Она умна и красива. Ее можно назвать киносимволом последней пятилетки, потому что время затребовало на экран деловую женщину с благородной внешностью. Независимую и покорную, напористую и осторожную. Хотя образы, созданные ею в кино, редко совпадают с тем, что она могла бы сыграть. Как, впрочем, и в театре. Словно время затребовало, но оказалось не совсем готово. В этом году Ирине Метлицкой исполнилось 33 года. И она воспринимает судьбу, как интересно мыслящего режиссера, под руководством которого ей любопытно жить.
- Ирина, как чувствует себя женщина в возрасте Иисуса Христа?
- А откуда вы знаете, что я в возрасте Христа?
- Вы сами не скрываете это в интервью, говоря, что родились в год Быка. Можно высчитать.
- А-а. Я жду чего-то хорошего от этого года. Он только начался: у меня день рождения был 5 октября. И если задаться вопросом, как я себя чувствовала, проснувшись в возрасте Христа, то могу ответить: очень гармонично.
- Вы живете в очень напряженном ритме, такая стремительная личность, все время в прилетах-улетах, вас не тревожит мысль, что чем больше вы торопитесь успеть, тем больше упускаете?
- Мне жалко, что я еще многого не успеваю, физически не успеваю.
- Морально надорваться не боитесь?
- Я надеюсь на свой год. Морально, конечно, тяжело. Но мне кажется, что у всех творческих людей, чья работа связана с нервными нагрузками, организм приучен сохранять баланс. Почему артисты говорят, что самое страшное в нашей профессии – неопределенность, когда неизвестен распорядок жизни. Это означает невозможность распределить силы. Когда я знаю свой график в течение года, где у меня будет тяжелый период, где отдых, я заранее автоматически настраиваюсь, и все проходит замечательно. Такая вот психологическая зависимость от работы.
- Что приводит женщину в актрисы?
- Каждую – свое.
- А вас?
- Когда я снималась в десятом классе в фильме «Расписание на послезавтра», почему-то меня это захватило. До этого я мечтала стать балериной. А сначала – эстрадной певицей. Когда ложилась спать, я прокручивала в голове целые художественные сериалы: я – такая-то, я – такая-то. И любила просто под музыку закрывать глаза, то есть слушала музыку и видела, как танцую, выстраивался определенный танец. Все эти мечты взаимосвязаны. Подсознательно я тянулась к игре, к сцене. На сцене бывают мгновения, когда ты чувствуешь, как на всех людей, смотрящих на тебя, ты будто накидываешь некое покрывало. Это не власть над ними, власть – вульгарное, неточное слово…
- Обладание?
- Нет. Происходит слияние душ: твоей и людей вокруг тебя. Твои чувства испытывают и те, кто в зале. То, что замирает в тебе, так же замирает и в остальных. Наверное, это самое большое удовольствие, которое может быть в жизни. Можно сказать, что это любовь. Любовь ведь в высшем понимании и есть растворение одного человека в другом. Это не обязательно отношения между мужчиной и женщиной, чисто сексуальные, нет. Наверное, верующий ощущает подобное слияние душ во время молитвы. У меня были такие мгновения слияния с залом. И это дает мне право работать.

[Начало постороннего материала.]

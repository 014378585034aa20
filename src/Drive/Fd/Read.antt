-- ===== src/Drive/Fd/Read.antt =====
-- `Read`, `ReadAt`, `readBlock` and `Seek` of api/drive/fd.go, for any block size.
use proton_utils.Base.{
  ℕ, zero, suc, ◌+◌, ◌-◌, ◌/◌, ◌%◌, Option, none, some, [], ◌∷◌, ◌++◌, length, take, drop, leb, ltb,
  ◌==◌, if◌then◌else◌, Bytes, Result, ok, err, ℤ, pos, negsuc, offset_by,
}
use proton_utils.Drive.Fd.State.{Fd, FdError, err_closed, err_invalid, eof, out_of_range}

-- The blocks of the revision: their number, and a read strategy's `readBlock` for one in range.
pub record Blocks : Type 0 where
  pub count : ℕ
  pub strategy : ℕ → Result FdError Bytes

-- `readBlock`
unfoldable pub read_block : Blocks → ℕ → Result FdError Bytes
read_block bs i = if leb bs.count i then err (out_of_range i) else bs.strategy i

-- What the loop of `Read` ends with: the bytes copied so far and the offset, or an error.
abbrev pub Progress : Type 0
Progress = Result FdError (Bytes × ℕ)

-- one round: the block's bytes from the offset on, or the way the loop ends
pub data Round : Type 0 where
  copied : Bytes → Round
  exhausted : Round
  failed : FdError → Round

-- nothing read is the end of the file, and leaves the offset
abbrev pub finish_read : Fd → Option Progress → Option (Fd × Result FdError Bytes)
finish_read fd none = none
finish_read fd (some (err e)) = some (fd, err e)
finish_read fd (some (ok ([], off))) = some (fd, err eof)
finish_read fd (some (ok (b ∷ l, off))) = some (record fd { offset = off }, ok (b ∷ l))

-- `io.EOF` when fewer bytes were read than asked for
abbrev pub finish_read_at : ℕ → Option (Bytes × Option FdError) → Option (Bytes × Option FdError)
finish_read_at n none = none
finish_read_at n (some (l, some e)) = some (l, some e)
finish_read_at n (some (l, none)) = some (l, if ltb (length l) n then some eof else none)

module _ (size : ℕ) (bs : Blocks) where
  unfoldable pub round : ℕ → ℕ → Round
  round n off = elim (read_block bs (off / size)) [
    | err e ↦ failed e
    | ok plain ↦
        if leb (length plain) (off % size)
        then exhausted
        else copied (take n (drop (off % size) plain))
  ]

  -- The loop of `Read` for `n` more bytes; the outer `none` is a loop that does not end within
  -- one round for each byte.
  unfoldable pub read_loop : ℕ → ℕ → ℕ → ℕ → Bytes → Option Progress
  read_loop fuel zero off file_size acc = some (ok (acc, off))
  read_loop zero (suc n) off file_size acc = none
  read_loop (suc fuel) (suc n) off file_size acc =
      if leb file_size off then some (ok (acc, off)) else elim (round (suc n) off) [
        | failed e ↦ some (if length acc == 0 then err e else ok (acc, off))
        | exhausted ↦ some (ok (acc, off))
        | copied l ↦ read_loop fuel (suc n - length l) (off + length l) file_size (acc ++ l)
      ]

  unfoldable pub read : ℕ → Fd → Option (Fd × Result FdError Bytes)
  read zero fd = some (fd, ok [])
  read (suc n) fd =
      if fd.closed
      then some (fd, err err_closed)
      else if leb fd.file_size fd.offset
      then some (fd, err eof)
      else finish_read fd (read_loop (suc n) (suc n) fd.offset fd.file_size [])

  -- The loop of `ReadAt`: an error comes with the bytes read before it, and the loop ends at the
  -- last block.
  unfoldable pub read_at_loop : ℕ → ℕ → ℕ → ℕ → Bytes → Option (Bytes × Option FdError)
  read_at_loop fuel zero off file_size acc = some (acc, none)
  read_at_loop zero (suc n) off file_size acc = none
  read_at_loop (suc fuel) (suc n) off file_size acc =
      if leb file_size off
      then some (acc, none)
      else if leb bs.count (off / size)
      then some (acc, none)
      else elim (round (suc n) off) [
        | failed e ↦ some (acc, some e)
        | exhausted ↦ some (acc, none)
        | copied l ↦ read_at_loop fuel (suc n - length l) (off + length l) file_size (acc ++ l)
      ]

  unfoldable pub read_at : ℕ → ℕ → Fd → Option (Bytes × Option FdError)
  read_at zero off fd = some ([], none)
  read_at (suc n) off fd =
      if fd.closed
      then some ([], some err_closed)
      else if leb fd.file_size off
      then some ([], some eof)
      else finish_read_at (suc n) (read_at_loop (suc n) (suc n) off fd.file_size [])

-- `io.SeekStart`, `io.SeekCurrent`, `io.SeekEnd`, and any other number
pub data Whence : Type 0 where
  seek_start seek_current seek_end seek_other : Whence

unfoldable pub seek_target : Fd → ℤ → Whence → Option ℤ
seek_target fd offset seek_start = some offset
seek_target fd offset seek_current = some (offset_by fd.offset offset)
seek_target fd offset seek_end = some (offset_by fd.file_size offset)
seek_target fd offset seek_other = none

unfoldable pub seek_to : Fd → Option ℤ → Fd × Result FdError ℕ
seek_to fd none = (fd, err err_invalid)
seek_to fd (some (negsuc n)) = (fd, err err_invalid)
seek_to fd (some (pos n)) =
    if ltb fd.file_size n then (fd, err err_invalid) else (record fd { offset = n }, ok n)

unfoldable pub seek : ℤ → Whence → Fd → Fd × Result FdError ℕ
unfolding seek_target seek_to
seek offset whence fd =
    if fd.closed then (fd, err err_closed) else seek_to fd (seek_target fd offset whence)
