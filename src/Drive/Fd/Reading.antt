-- ===== src/Drive/Fd/Reading.antt =====
-- What `Read` and `ReadAt` return from a file whose blocks hold its data.
use Prim.Native.Nat.{min}
use proton_utils.Base.{
  ℕ, zero, suc, ◌+◌, ◌-◌, ◌*◌, ◌/◌, ◌%◌, ◌≤◌, ◌<◌, ◌≡◌, refl, sym, ap, ◌∙◌, true, false, Option,
  none, some, [], ◌∷◌, ◌++◌, append-nil, append_assoc, length, take, drop, length-take, length-drop,
  take-take, drop-drop, drop-take, take-rest, drop_count, drop_of_length-le, Bool-cases, inl, inr,
  leb, ltb, leb→le, leb→lt, if◌then◌else◌, div-add-mod, mod-lt, Bytes, ok, arith,
}
use proton_utils.Drive.Fd.State.{Fd, eof}
use proton_utils.Drive.Fd.Read.{
  Blocks, Progress, read_block, copied, round, read_loop, finish_read, read, read_at_loop, read_at,
}

-- The blocks hold the data: each that begins within it is in range and decrypts to its part.
pub record Serves (size : ℕ) (bs : Blocks) (file : Bytes) : Type 0 where
  pub in_range : (i : ℕ) → i * size < length file → i < bs.count
  pub content :
      (i : ℕ) → i * size < length file → bs.strategy i ≡ ok (take size (drop (i * size) file))

leb-false : (a b : ℕ) → b < a → leb a b ≡ false
leb-false a b h = ground arith

leb-true : (a b : ℕ) → a ≤ b → leb a b ≡ true
leb-true a b h = ground arith

finish_read-ok :
    (fd : Fd) (l : Bytes) (off : ℕ)
    → 0 < length l
    → finish_read fd (some (ok (l, off))) ≡ some (record fd { offset = off }, ok l)
finish_read-ok fd [] off h = absurd (omega arith)
finish_read-ok fd (b ∷ l) off h = refl

progress_path :
    (a a' : Bytes) (o o' : ℕ)
    → a ≡ a'
    → o ≡ o'
    → ◌≡◌ {A = Option Progress} (some (ok (a, o))) (some (ok (a', o')))
progress_path a a' o o' p q = λ i. some (ok (p i, q i))

module _ (size : ℕ) (positive : 0 < size) (bs : Blocks) (file : Bytes)
    (serves : Serves size bs file) where
  block_start : (off : ℕ) → off / size * size + off % size ≡ off
  block_start off = omega (arith, div-add-mod off size)

  read_block-content :
      (off : ℕ)
      → off < length file
      → read_block bs (off / size) ≡ ok (take size (drop (off / size * size) file))
  unfolding read_block
  read_block-content off h =
      let below : off / size * size < length file = omega (arith, block_start off) in
      rw (leb-false bs.count (off / size) (serves.in_range (off / size) below))
        (serves.content (off / size) below)

  round-copied :
      (n off : ℕ)
      → off < length file
      → round size bs n off ≡ copied (take (min n (size - off % size)) (drop off file))
  unfolding round
  round-copied n off h =
      let plain = take size (drop (off / size * size) file) in
      let more : off % size < length plain = omega (
        arith,
        block_start off,
        mod-lt off positive,
        length-take size (drop (off / size * size) file),
        length-drop (off / size * size) file,
      ) in
      rw (read_block-content off h, round, leb-false (length plain) (off % size) more)
        (ap (λ l. copied (take n l))
            (drop-take (off % size) size (drop (off / size * size) file)
              ∙ ap (take (size - off % size)) (
                  drop-drop (off % size) (off / size * size) file
                  ∙ drop_count file (off / size * size + off % size) off (block_start off)))
          ∙ ap copied (take-take n (size - off % size) (drop off file)))

  -- The loop ends within one round for each byte asked for, with the file's bytes from the
  -- offset on, as many as were asked for or as there are.
  read_loop-eq :
      (fuel n off : ℕ) (acc : Bytes)
      → n ≤ fuel
      → read_loop size bs fuel n off (length file) acc
        ≡ some (ok (acc ++ take n (drop off file), off + length (take n (drop off file))))
  unfolding read_loop
  read_loop-eq fuel zero off acc h =
      progress_path acc (acc ++ []) off (off + 0) (sym (append-nil acc)) (omega arith)
  read_loop-eq zero (suc n) off acc h = absurd (omega arith)
  read_loop-eq (suc fuel) (suc n) off acc h = elim (Bool-cases (leb (length file) off)) [
    | inl over ↦
        rw (over, drop_of_length-le off file (leb→le (length file) off over))
          (progress_path acc (acc ++ []) off (off + 0) (sym (append-nil acc)) (omega arith))
    | inr within ↦
        let below = leb→lt (length file) off within in
        let rest = drop off file in
        let j = min (suc n) (size - off % size) in
        let l = take j rest in
        let count : length l ≡ min j (length file - off) =
          omega (arith, length-take j rest, length-drop off file) in
        let rest' = drop (off + length l) file in
        rw (within, round-copied (suc n) off below)
          (read_loop-eq fuel (suc n - length l) (off + length l) (acc ++ l)
              (omega (arith, mod-lt off positive))
            ∙ progress_path _ _ _ _
                (append_assoc acc l (take (suc n - length l) rest')
                  ∙ ap (λ t. acc ++ t)
                      (ap (λ t. l ++ take (suc n - length l) t)
                          (sym (drop-drop (length l) off file))
                        ∙ sym (take-rest (suc n) j rest (omega arith))))
                (omega (
                  arith,
                  count,
                  length-take (suc n - length l) rest',
                  length-drop (off + length l) file,
                  length-take (suc n) rest,
                  length-drop off file,
                )))
  ]

  read-loop :
      (n : ℕ) (fd : Fd)
      → fd.closed ≡ false
      → leb fd.file_size fd.offset ≡ false
      → 0 < n
      → read size bs n fd ≡ finish_read fd (read_loop size bs n n fd.offset fd.file_size [])
  unfolding read
  read-loop zero fd c w p = absurd (omega arith)
  read-loop (suc n) fd c w p = simp (c, w)

  -- `Read` before the end returns the file's bytes from the offset on, as many as were asked for or
  -- as there are, and moves the offset by their number.
  pub read-content :
      (n : ℕ) (fd : Fd)
      → fd.closed ≡ false
      → fd.file_size ≡ length file
      → fd.offset < length file
      → 0 < n
      → read size bs n fd
        ≡ some (
          record fd { offset = fd.offset + length (take n (drop fd.offset file)) },
          ok (take n (drop fd.offset file)),
        )
  unfolding read
  read-content zero fd c s h p = absurd (omega arith)
  read-content (suc n) fd c s h p =
      let l = take (suc n) (drop fd.offset file) in
      read-loop (suc n) fd c (leb-false fd.file_size fd.offset (omega arith)) p
      ∙ ap (λ k. finish_read fd (read_loop size bs (suc n) (suc n) fd.offset k [])) s
      ∙ ap (finish_read fd) (read_loop-eq (suc n) (suc n) fd.offset [] (omega arith))
      ∙ finish_read-ok fd l (fd.offset + length l)
          (omega (arith, length-take (suc n) (drop fd.offset file), length-drop fd.offset file))

  -- The loop of `ReadAt` copies the same bytes.
  read_at_loop-eq :
      (fuel n off : ℕ) (acc : Bytes)
      → n ≤ fuel
      → read_at_loop size bs fuel n off (length file) acc
        ≡ some (acc ++ take n (drop off file), none)
  unfolding read_at_loop
  read_at_loop-eq fuel zero off acc h = ap (λ l. some (l, none)) (sym (append-nil acc))
  read_at_loop-eq zero (suc n) off acc h = absurd (omega arith)
  read_at_loop-eq (suc fuel) (suc n) off acc h = elim (Bool-cases (leb (length file) off)) [
    | inl over ↦
        rw (over, drop_of_length-le off file (leb→le (length file) off over))
          (ap (λ l. some (l, none)) (sym (append-nil acc)))
    | inr within ↦
        let below = leb→lt (length file) off within in
        let rest = drop off file in
        let j = min (suc n) (size - off % size) in
        let l = take j rest in
        let block_there =
          leb-false bs.count (off / size)
            (serves.in_range (off / size) (omega (arith, below, block_start off))) in
        rw (within, block_there, round-copied (suc n) off below)
          (read_at_loop-eq fuel (suc n - length l) (off + length l) (acc ++ l)
              (omega (arith, mod-lt off positive, length-take j rest, length-drop off file))
            ∙ ap (λ t. some (t, none))
                (append_assoc acc l (take (suc n - length l) (drop (off + length l) file))
                  ∙ ap (λ t. acc ++ t)
                      (ap (λ t. l ++ take (suc n - length l) t)
                          (sym (drop-drop (length l) off file))
                        ∙ sym (take-rest (suc n) j rest (omega arith)))))
  ]

  -- `ReadAt` returns the file's bytes from any offset on, and `io.EOF` exactly when they are fewer
  -- than were asked for.
  pub read_at-content :
      (n off : ℕ) (fd : Fd)
      → fd.closed ≡ false
      → fd.file_size ≡ length file
      → read_at size bs n off fd
        ≡ some (
          take n (drop off file),
          if ltb (length (take n (drop off file))) n then some eof else none,
        )
  unfolding read_at
  read_at-content zero off fd c s = refl
  read_at-content (suc n) off fd c s = elim (Bool-cases (leb (length file) off)) [
    | inl over ↦
        simp (c, s, over, drop_of_length-le off file (leb→le (length file) off over)) (ground arith)
    | inr within ↦ simp (c, s, within, read_at_loop-eq (suc n) (suc n) off [] (omega arith))
  ]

- Не получается ли так, что актерская профессия стирает половые различия? Какая разница душе, в какой она оболочке?
- Может, и возникает порой такое ощущение, что стирает, но это плохо, мне кажется. Вообще, почему какой-то актер становится вдруг кумиром? Потому что окружающие факторы так складываются, что у большого количества людей формируется определенное видение – образ. У этого образа лицо, к примеру, Мерилин Монро. Она совпала с потребностью в ее внешности. А потребность родилась из того, что люди читали, какую музыку слушали, как воспитывались. Мне кажется, что артист, который вдруг попадает в свой звездный час, не всегда бывает хорошим артистом. Идеалы меняются в зависимости от смены дизайна внешнего мира. Артист, как воплощение мечты не артистов. Мы немножко затеатрализировались: хороший артист – плохой… Я в жизни встречаюсь с человеком и чувствую, что он мне симпатичен, есть энергетическое совпадение. Так же и с артистами. Мне нравится эта личность, что бы она ни делала. А другому не нравится, какой бы замечательной ни была игра. Потому что во втором зрителе засел иной, симпатичный ему, образ. И всех он сопоставляет с этим идеалом. Общих критериев нет.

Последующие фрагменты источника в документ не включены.